Transcribe the listing below only from the line with "kv_get-found kv wire.device" up to and including the line with "let sets = set_status".

═══ DATA PROVIDED

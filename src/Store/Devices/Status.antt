-- ===== src/Store/Devices/Status.antt =====
-- What `update_device_code_status` of oidc-gateway/src/store.rs does to the entry of a device.
use jetauth.Prelude.{Text, ok, ℕ, sym, ap, inl, inr, Option, some, arith, ok_injective, ◌≡◌, ◌∙◌}
use jetauth.Kv.{Kv}
use jetauth.Action.{reads, bind-eq-ok, bind-ok}
use jetauth.Store.Types.{DeviceCode}
use jetauth.Store.Wire.{Wire}
use jetauth.Store.Access.{sessions}
use jetauth.Store.Access.Effects.{kv_get-found, kv_get_revision-stands, kv_write-done}
use jetauth.Store.Devices.{
  device_key, with_status, set_status, get_device_code, get_device_code_cas,
  update_device_code_status,
}

module _ {Payload : Type 0} (kv : Kv Payload) (wire : Wire Payload) where
  -- What an update with success has done to an entry that could be read.
  abbrev pub IsUpdated :
      (device_code status : Text) → (user_id sid : Option Text) → DeviceCode → kv.State → Type 0
  IsUpdated device_code status user_id sid dc s =
      (q : ℕ) × (kv.view s sessions (device_key device_code)
        ≡ some (wire.device.encode (with_status status user_id sid dc), q))

  set_status-IsUpdated :
      (now : ℕ) (device_code status : Text) (user_id sid : Option Text) (dc : DeviceCode) (r : ℕ)
      (s : kv.State)
      → (set_status kv wire now device_code status user_id sid (some (dc, r)) s).0 ≡ ok tt
      → IsUpdated device_code status user_id sid dc
          (set_status kv wire now device_code status user_id sid (some (dc, r)) s).1
  set_status-IsUpdated now device_code status user_id sid dc r s h =
      let (q, (_, _, new)) = kv_write-done kv _ sessions (device_key device_code) s h in (q, new)

  pub update_device_code_status-IsUpdated :
      (now : ℕ) (device_code status : Text) (user_id sid : Option Text) (dc : DeviceCode)
      (s : kv.State)
      → get_device_code kv wire device_code s ≡ ok (some dc)
      → (update_device_code_status kv wire now device_code status user_id sid s).0 ≡ ok tt
      → IsUpdated device_code status user_id sid dc
          (update_device_code_status kv wire now device_code status user_id sid s).1
  unfolding get_device_code get_device_code_cas update_device_code_status
  update_device_code_status-IsUpdated now device_code status user_id sid dc s read h =
      let (p, r, there, decoded) =
        kv_get-found kv wire.device sessions (device_key device_code) s dc read in
      let asks = reads (get_device_code_cas kv wire device_code) in
      let sets = set_status kv wire now device_code status user_id sid in
      let (o, again, done) = bind-eq-ok asks sets s h in
      elim (kv_get_revision-stands kv wire.device sessions (device_key device_code) s p r dc there
        decoded) [
          | inl same ↦
              let is = ok_injective _ _ (sym same ∙ again) in
              rw (bind-ok asks sets s same) (
                set_status-IsUpdated now device_code status user_id sid dc r s
                  (ap (λ x. (sets x s).0) is ∙ done))
          | inr (e, failed) ↦ absurd (ground arith)
        ]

══════

▶ [RESULT BELOW]
        kv_get-found kv wire.device sessions (device_key device_code) s dc read in
      let asks = reads (get_device_code_cas kv wire device_code) in
      let sets = set_status kv wire now device_code status user_id sid in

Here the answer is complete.